DATA »
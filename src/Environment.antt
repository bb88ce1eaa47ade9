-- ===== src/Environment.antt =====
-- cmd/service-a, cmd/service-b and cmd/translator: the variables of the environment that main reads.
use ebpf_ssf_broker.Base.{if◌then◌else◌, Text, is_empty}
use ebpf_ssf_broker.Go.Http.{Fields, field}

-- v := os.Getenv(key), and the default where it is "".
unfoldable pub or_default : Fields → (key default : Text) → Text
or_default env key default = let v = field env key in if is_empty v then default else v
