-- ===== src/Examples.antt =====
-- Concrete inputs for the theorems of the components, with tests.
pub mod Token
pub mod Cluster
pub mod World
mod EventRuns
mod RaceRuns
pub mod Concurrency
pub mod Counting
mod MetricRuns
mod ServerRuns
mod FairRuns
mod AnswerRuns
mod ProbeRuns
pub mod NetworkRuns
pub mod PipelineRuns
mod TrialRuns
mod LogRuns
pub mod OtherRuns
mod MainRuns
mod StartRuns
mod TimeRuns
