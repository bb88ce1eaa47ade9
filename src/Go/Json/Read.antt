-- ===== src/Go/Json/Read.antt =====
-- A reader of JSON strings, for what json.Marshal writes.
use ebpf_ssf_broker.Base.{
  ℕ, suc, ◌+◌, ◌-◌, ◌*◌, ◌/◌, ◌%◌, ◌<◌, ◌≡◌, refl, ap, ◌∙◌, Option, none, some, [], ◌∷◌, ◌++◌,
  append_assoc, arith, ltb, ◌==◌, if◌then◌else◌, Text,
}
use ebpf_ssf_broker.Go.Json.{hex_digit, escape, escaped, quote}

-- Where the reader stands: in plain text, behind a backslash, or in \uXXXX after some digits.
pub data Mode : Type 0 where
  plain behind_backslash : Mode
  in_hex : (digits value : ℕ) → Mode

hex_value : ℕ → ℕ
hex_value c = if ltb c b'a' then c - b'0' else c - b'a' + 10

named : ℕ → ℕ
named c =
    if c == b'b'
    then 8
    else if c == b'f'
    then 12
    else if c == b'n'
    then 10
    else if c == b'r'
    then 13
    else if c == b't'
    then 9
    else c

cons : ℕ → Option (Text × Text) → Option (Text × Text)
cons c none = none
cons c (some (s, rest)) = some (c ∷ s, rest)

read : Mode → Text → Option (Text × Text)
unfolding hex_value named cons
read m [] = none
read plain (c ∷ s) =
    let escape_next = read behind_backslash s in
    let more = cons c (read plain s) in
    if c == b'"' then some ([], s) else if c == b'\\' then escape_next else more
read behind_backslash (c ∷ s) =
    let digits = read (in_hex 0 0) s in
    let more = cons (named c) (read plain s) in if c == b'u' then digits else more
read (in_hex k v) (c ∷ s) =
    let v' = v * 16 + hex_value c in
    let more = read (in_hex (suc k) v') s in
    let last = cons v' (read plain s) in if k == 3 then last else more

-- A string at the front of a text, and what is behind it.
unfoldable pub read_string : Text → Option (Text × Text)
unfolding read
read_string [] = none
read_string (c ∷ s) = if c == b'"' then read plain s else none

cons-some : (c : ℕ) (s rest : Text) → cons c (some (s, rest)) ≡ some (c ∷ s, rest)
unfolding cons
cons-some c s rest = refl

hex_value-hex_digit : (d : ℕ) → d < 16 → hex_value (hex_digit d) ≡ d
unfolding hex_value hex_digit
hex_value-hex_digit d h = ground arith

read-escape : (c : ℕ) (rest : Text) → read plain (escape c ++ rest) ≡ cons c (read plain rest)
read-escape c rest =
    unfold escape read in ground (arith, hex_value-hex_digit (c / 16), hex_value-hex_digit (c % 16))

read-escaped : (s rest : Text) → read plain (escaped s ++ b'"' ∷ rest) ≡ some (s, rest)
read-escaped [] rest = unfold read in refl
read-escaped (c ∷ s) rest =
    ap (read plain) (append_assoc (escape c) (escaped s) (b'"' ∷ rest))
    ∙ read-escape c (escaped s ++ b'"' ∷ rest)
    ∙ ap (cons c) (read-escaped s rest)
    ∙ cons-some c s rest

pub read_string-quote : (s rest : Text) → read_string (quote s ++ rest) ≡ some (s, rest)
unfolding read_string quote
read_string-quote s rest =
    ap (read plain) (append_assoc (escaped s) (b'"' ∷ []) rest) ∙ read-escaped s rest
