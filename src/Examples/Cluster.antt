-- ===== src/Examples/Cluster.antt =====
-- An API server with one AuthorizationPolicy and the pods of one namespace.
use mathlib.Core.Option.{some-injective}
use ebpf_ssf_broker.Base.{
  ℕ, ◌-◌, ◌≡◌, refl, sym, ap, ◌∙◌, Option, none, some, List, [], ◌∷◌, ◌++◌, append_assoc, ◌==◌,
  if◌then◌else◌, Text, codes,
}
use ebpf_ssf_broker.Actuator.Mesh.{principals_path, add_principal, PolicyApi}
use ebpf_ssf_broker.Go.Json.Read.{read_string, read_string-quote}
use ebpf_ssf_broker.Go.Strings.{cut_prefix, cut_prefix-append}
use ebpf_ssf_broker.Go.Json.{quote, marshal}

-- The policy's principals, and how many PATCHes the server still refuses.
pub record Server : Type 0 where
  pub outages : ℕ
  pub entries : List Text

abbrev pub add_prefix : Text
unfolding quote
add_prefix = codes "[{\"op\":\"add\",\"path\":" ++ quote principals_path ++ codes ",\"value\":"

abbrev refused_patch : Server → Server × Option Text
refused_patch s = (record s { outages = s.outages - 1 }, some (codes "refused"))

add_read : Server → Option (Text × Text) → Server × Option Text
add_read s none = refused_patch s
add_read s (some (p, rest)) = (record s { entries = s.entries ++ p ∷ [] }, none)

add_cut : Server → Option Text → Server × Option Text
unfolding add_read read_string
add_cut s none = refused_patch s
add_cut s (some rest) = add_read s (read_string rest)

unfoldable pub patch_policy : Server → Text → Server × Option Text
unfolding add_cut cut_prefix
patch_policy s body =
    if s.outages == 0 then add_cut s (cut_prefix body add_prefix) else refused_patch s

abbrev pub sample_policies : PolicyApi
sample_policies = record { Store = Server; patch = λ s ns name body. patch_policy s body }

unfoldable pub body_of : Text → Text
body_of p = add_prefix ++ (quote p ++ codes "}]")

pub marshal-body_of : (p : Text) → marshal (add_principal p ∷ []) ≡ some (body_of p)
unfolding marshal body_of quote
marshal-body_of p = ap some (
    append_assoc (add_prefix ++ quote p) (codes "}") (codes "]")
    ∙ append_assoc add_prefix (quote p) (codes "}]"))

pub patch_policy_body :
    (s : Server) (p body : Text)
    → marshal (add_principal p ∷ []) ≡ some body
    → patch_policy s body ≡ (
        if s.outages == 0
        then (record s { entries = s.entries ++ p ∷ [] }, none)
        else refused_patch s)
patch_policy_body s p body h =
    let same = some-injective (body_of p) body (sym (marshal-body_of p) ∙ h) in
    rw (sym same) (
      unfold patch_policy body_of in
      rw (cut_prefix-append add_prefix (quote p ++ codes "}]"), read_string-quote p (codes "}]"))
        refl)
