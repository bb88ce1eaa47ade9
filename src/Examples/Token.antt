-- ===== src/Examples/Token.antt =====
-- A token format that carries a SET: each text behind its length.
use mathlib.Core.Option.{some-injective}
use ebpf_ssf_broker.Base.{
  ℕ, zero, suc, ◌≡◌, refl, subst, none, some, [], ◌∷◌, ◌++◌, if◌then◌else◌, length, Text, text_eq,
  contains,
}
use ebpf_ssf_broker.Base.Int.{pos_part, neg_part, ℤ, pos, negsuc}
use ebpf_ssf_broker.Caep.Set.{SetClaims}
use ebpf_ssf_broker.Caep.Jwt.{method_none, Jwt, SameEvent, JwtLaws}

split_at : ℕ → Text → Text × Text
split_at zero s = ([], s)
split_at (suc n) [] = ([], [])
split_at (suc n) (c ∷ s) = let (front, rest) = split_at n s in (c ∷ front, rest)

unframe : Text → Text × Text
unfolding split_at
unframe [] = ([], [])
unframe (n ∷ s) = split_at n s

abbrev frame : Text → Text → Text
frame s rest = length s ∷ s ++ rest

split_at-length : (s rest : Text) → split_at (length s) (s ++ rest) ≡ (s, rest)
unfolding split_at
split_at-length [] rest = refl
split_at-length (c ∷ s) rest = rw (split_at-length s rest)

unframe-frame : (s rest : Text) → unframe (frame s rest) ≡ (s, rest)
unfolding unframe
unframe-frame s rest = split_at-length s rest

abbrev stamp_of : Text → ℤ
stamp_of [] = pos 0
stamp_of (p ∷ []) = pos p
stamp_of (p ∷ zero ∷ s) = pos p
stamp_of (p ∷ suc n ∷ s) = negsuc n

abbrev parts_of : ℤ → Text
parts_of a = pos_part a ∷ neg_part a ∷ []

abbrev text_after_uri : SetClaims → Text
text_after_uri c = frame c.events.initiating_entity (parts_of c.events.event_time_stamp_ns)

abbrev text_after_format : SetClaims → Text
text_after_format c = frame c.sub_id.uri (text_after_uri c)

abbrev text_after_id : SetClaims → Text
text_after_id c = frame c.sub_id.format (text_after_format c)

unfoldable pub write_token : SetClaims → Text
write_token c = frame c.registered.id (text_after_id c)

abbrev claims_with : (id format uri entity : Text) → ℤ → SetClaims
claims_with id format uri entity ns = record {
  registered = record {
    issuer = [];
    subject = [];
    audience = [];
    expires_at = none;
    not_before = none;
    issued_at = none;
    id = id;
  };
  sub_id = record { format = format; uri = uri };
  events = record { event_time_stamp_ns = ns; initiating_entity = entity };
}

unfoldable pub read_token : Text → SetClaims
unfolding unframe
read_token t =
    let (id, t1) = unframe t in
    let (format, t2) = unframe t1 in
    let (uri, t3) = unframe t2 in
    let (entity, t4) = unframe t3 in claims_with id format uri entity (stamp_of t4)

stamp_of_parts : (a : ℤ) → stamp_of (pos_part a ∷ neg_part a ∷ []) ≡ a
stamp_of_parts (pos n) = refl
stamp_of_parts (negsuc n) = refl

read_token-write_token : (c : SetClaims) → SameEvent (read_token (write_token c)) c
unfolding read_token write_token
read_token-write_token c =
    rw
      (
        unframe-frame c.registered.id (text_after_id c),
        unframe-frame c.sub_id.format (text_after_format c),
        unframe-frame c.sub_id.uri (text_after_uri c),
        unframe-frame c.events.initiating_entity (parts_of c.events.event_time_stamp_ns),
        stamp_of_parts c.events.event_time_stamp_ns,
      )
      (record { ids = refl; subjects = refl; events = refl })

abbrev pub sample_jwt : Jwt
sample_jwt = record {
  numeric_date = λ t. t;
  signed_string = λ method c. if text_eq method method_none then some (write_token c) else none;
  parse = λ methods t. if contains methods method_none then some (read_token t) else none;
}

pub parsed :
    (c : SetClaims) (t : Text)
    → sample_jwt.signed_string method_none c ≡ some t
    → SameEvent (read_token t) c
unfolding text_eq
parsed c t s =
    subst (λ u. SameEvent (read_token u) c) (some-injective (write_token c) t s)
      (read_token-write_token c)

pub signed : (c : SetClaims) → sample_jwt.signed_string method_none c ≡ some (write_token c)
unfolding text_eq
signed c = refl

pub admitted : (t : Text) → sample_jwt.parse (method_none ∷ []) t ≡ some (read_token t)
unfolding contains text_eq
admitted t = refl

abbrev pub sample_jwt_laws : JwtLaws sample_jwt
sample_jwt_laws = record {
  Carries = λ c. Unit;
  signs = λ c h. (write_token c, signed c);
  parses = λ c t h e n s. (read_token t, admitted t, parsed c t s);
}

ACTIVITY »
Could you restate word for word the lines above, from the one that contains "add_cut s (some" through the one that contains "body_of p = add_prefix", and no others?

SOLUTION FOR THIS PROBLEM »
add_cut s (some rest) = add_read s (read_string rest)

unfoldable pub patch_policy : Server → Text → Server × Option Text
unfolding add_cut cut_prefix
patch_policy s body =
    if s.outages == 0 then add_cut s (cut_prefix body add_prefix) else refused_patch s

abbrev pub sample_policies : PolicyApi
sample_policies = record { Store = Server; patch = λ s ns name body. patch_policy s body }

unfoldable pub body_of : Text → Text
body_of p = add_prefix ++ (quote p ++ codes "}]")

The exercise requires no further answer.